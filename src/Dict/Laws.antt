-- ===== src/Dict/Laws.antt =====
-- Laws of lookups and writes, and of maps that are filled with new keys.
use fsm_go.Prelude.{
  String, ◌≡◌, refl, ◌≢◌, ◌⊎◌, inl, inr, true, none, some, List, [], ◌∷◌, ◌++◌, arith, ◌==◌, eq_iff,
  eq_refl, is_some, if◌then◌else◌, Bool-cases, All,
}
use fsm_go.Dict.{Dict, lookup, insert, keys}

module _ {ℓ} {V : Type ℓ} where
  pub lookup-insert :
      (key other : String) (new : V) (d : Dict V)
      → lookup other (insert key new d) ≡ (if key == other then some new else lookup other d)
  unfolding lookup insert
  lookup-insert key other new [] = refl
  lookup-insert key other new ((name, value) ∷ rest) =
      let ih = lookup-insert key other new rest in
      ground (arith, eq_iff key other, eq_iff name key, eq_iff name other)

  pub lookup-insert_self : (k : String) (v : V) (m : Dict V) → lookup k (insert k v m) ≡ some v
  lookup-insert_self k v m = simp (lookup-insert, eq_refl)

  pub lookup-insert_ne :
      (k j : String) (v : V) (m : Dict V) → k ≢ j → lookup j (insert k v m) ≡ lookup j m
  lookup-insert_ne k j v m h = rw lookup-insert (ground (arith, eq_iff k j))

  -- a write under a new key adds its entry at the end
  pub insert-new :
      (k : String) (v : V) (m : Dict V) → lookup k m ≡ none → insert k v m ≡ m ++ (k, v) ∷ []
  unfolding lookup insert
  insert-new k v [] h = refl
  insert-new k v ((j, w) ∷ m) h = ground (arith, insert-new k v m)

  pub lookup-append :
      (k : String) (m n : Dict V)
      → lookup k (m ++ n) ≡ elim (lookup k m) [ none ↦ lookup k n | some v ↦ some v ]
  unfolding lookup
  lookup-append k [] n = refl
  lookup-append k ((j, w) ∷ m) n = ground (arith, lookup-append k m n)

-- `k` is none of `ks`
abbrev pub IsNew : String → List String → Type 0
IsNew k ks = All (λ j. j ≢ k) ks

-- No name stands twice.
abbrev pub AreDistinct : List String → Type 0
AreDistinct [] = Unit {0}
AreDistinct (k ∷ ks) = IsNew k ks × AreDistinct ks

-- `k` is one of `ks`
abbrev pub IsOneOf : String → List String → Type 0
IsOneOf k [] = ⊥
IsOneOf k (j ∷ ks) = (j ≡ k) ⊎ IsOneOf k ks

module _ {ℓ} {V : Type ℓ} where
  pub lookup-none→IsNew : (k : String) (m : Dict V) → lookup k m ≡ none → IsNew k (keys m)
  unfolding lookup
  lookup-none→IsNew k [] h = tt
  lookup-none→IsNew k ((j, w) ∷ m) h = elim (Bool-cases (j == k)) [
    | inl e ↦ ground arith
    | inr e ↦ (λ p. ground (arith, eq_iff j k), lookup-none→IsNew k m (ground arith))
  ]

  pub IsNew→lookup-none : (k : String) (m : Dict V) → IsNew k (keys m) → lookup k m ≡ none
  unfolding lookup
  IsNew→lookup-none k [] h = refl
  IsNew→lookup-none k ((j, w) ∷ m) h = ground (arith, eq_iff j k, IsNew→lookup-none k m h.1, h.0)

  pub lookup-some→IsOneOf :
      (k : String) (m : Dict V) → is_some (lookup k m) ≡ true → IsOneOf k (keys m)
  unfolding lookup
  lookup-some→IsOneOf k [] h = ground arith
  lookup-some→IsOneOf k ((j, w) ∷ m) h = elim (Bool-cases (j == k)) [
    | inl e ↦ inl ((eq_iff j k).0 e)
    | inr e ↦ inr (lookup-some→IsOneOf k m (ground arith))
  ]

  pub IsOneOf→lookup-some :
      (k : String) (m : Dict V) → IsOneOf k (keys m) → is_some (lookup k m) ≡ true
  unfolding lookup
  IsOneOf→lookup-some k [] h = elim h [ ]
  IsOneOf→lookup-some k ((j, w) ∷ m) (inl e) = ground (arith, eq_iff j k)
  IsOneOf→lookup-some k ((j, w) ∷ m) (inr h) = ground (arith, IsOneOf→lookup-some k m h)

▸ **THE TASK**: How many of the lines above hold the word "Laws"? State that number and nothing else.

▸ **ANSWER TO THIS PROBLEM**: 3